4. Sormani MP, Bonzano L, Roccatagliata L, Cutter GR, Mancardi GL, Bruzzi P. Magnetic resonance imaging as a potential surrogate for relapses in multiple sclerosis: a meta-analytic approach. Ann Neurol 2009;65:268-275.
5. Schach S, Scholz M, Wolinsky JS, Kappos L. Pooled historical MRI data as a basis for research in multiple sclerosis. A statistical evaluation. Mult Scler 2007;13:509-516.
*The MAGNIMS Steering Commettee Chairs: F Barkhof (Amsterdam, The Netherlands) and X Montalban (Barcelona, Spain) Members: F Fazekas (Graz, Austria), J Frederiksen (Copenhagen, Denmark), L Kappos (Basel, Switzerland), DH Miller (London, United Kingdom), J Palace (Oxford, United Kingdom), CH Polman (Amsterdam, The Netherlands), MA Rocca (Milan, Italy), M Rovaris (Milan, Italy), A Rovira (Barcelona, Spain), T Yousry (London, United Kingdom)

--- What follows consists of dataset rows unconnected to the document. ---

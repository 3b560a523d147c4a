-- ===== src/Schema/Extract/Payload.antt =====
-- `_payload` of code_analyzer/harness/schema.py: when findings are read from a response.
use code_analyzer.Prelude.{
  ◌≡◌, refl, sym, ap, ◌∙◌, false, Option, none, some, List, [], ◌∷◌, ◌++◌, all, All,
}
use code_analyzer.Prelude.Text.{Text, is_empty, strip}
use code_analyzer.Schema.Values.{Json}
use code_analyzer.Schema.Extract.{
  Problem, Found, found, missing, findings_array, candidates, attempt, first_found, payload,
  or_problem,
}

some_injective : (a b : Json) → some a ≡ some b → a ≡ b
some_injective a b e = cc

none_differs : (a : Json) → none ≡ some a → ⊥
none_differs a e = cc

module _ (loads : Text → Option Json) where
  -- The candidate is read as a value with a findings array.
  abbrev pub Yields : List Json → Text → Type 0
  Yields items candidate =
      (value : Json) × (attempt loads candidate ≡ some value) × (findings_array value ≡ found items)

  -- No attempt at the candidate gives a value with a findings array.
  abbrev pub IsUseless : Text → Type 0
  IsUseless candidate =
      (value : Json)
      → attempt loads candidate ≡ some value
      → (problem : Problem) × (findings_array value ≡ missing problem)

  -- The first candidate that yields findings, behind useless ones.
  abbrev pub FirstYields : List Json → List Text → Type 0
  FirstYields items texts =
      (before : List Text) × (candidate : Text) × (after : List Text) × (texts
        ≡ before ++ candidate ∷ after)
      × All IsUseless before
      × Yields items candidate

  abbrev pub Explains : List Text → Found → Type 0
  Explains texts (found items) = FirstYields items texts
  Explains texts (missing problem) = All IsUseless texts

  Explains-cons :
      (candidate : Text) (rest : List Text) (r : Found)
      → IsUseless candidate
      → Explains rest r
      → Explains (candidate ∷ rest) r
  Explains-cons candidate rest (found items) u (before, chosen, after, e, all, y) =
      (candidate ∷ before, chosen, after, ap (λ t. candidate ∷ t) e, (u, all), y)
  Explains-cons candidate rest (missing problem) u h = (u, h)

  value-Explains :
      (candidate : Text) (rest : List Text) (value : Json) (array : Found) (later : Problem → Found)
      → attempt loads candidate ≡ some value
      → findings_array value ≡ array
      → ((problem : Problem) → Explains rest (later problem))
      → Explains
          (candidate ∷ rest)
          (elim array [ found items ↦ found items | missing problem ↦ later problem ])
  value-Explains candidate rest value (found items) later e f h =
      ([], candidate, rest, refl, tt, (value, e, f))
  value-Explains candidate rest value (missing problem) later e f h =
      Explains-cons candidate rest (later problem)
        (λ other g. (problem, ap findings_array (some_injective other value (sym g ∙ e)) ∙ f))
        (h problem)

  attempt-Explains :
      (fallback : Option Problem) (candidate : Text) (rest : List Text) (o : Option Json)
      → attempt loads candidate ≡ o
      → ((fallback : Option Problem) → Explains rest (first_found loads fallback rest))
      → Explains (candidate ∷ rest) (elim o [
        | none ↦ first_found loads fallback rest
        | some value ↦ elim (findings_array value) [
          | found items ↦ found items
          | missing problem ↦ first_found loads (some (or_problem fallback problem)) rest
        ]
      ])
  attempt-Explains fallback candidate rest none e ih =
      Explains-cons candidate rest (first_found loads fallback rest)
        (λ value g. absurd (none_differs value (sym e ∙ g))) (ih fallback)
  attempt-Explains fallback candidate rest (some value) e ih =
      value-Explains candidate rest value (findings_array value)
        (λ problem. first_found loads (some (or_problem fallback problem)) rest) e refl
        (λ problem. ih (some (or_problem fallback problem)))

  first_found-Explains :
      (fallback : Option Problem) (texts : List Text)
      → Explains texts (first_found loads fallback texts)
  unfolding first_found
  first_found-Explains fallback [] = tt
  first_found-Explains fallback (candidate ∷ rest) =
      attempt-Explains fallback candidate rest (attempt loads candidate) refl
        (λ later. first_found-Explains later rest)

module _ (loads : Text → Option Json) (fenced : Text → List Text) (unopened : Text → Text) where
  -- The findings of a response that is not blank are those of its first candidate that, as it is
  -- or without trailing commas, reads as a value with a findings array; where there are none, no
  -- candidate reads as such a value.
  pub payload-Explains :
      (text : Text)
      → is_empty (strip text) ≡ false
      → Explains loads (candidates fenced unopened text) (payload loads fenced unopened text)
  unfolding payload
  payload-Explains text h = rw h (first_found-Explains loads none (candidates fenced unopened text))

Disclosures: Dr. M. Filippi has received honoraria for lectures and travel expenses, and consulting fees as an investigator in previous and current treatment trials from Teva, Merck-Serono, Bayer-Schering, Biogen-Dompè, and Genmab. Dr. Filippi reports 100% effort of his clinical practice on MRI procedures and has received fees from Teva, Merck-Serono, Bayer-Schering, Biogen-Dompè, and Genmab for consultation regarding performing MRIs. Dr M. Pia Sormani received honoraria for lectures and travel expenses, and consulting fees as Teva, Merck-Serono, Biogen-Idec, Actelion. Dr. N. De Stefano has received honoraria for lectures and travel expenses, and consulting fees as an investigator in previous and current treatment trials from Teva, Merck-Serono, Bayer-Schering and Biogen-Dompè.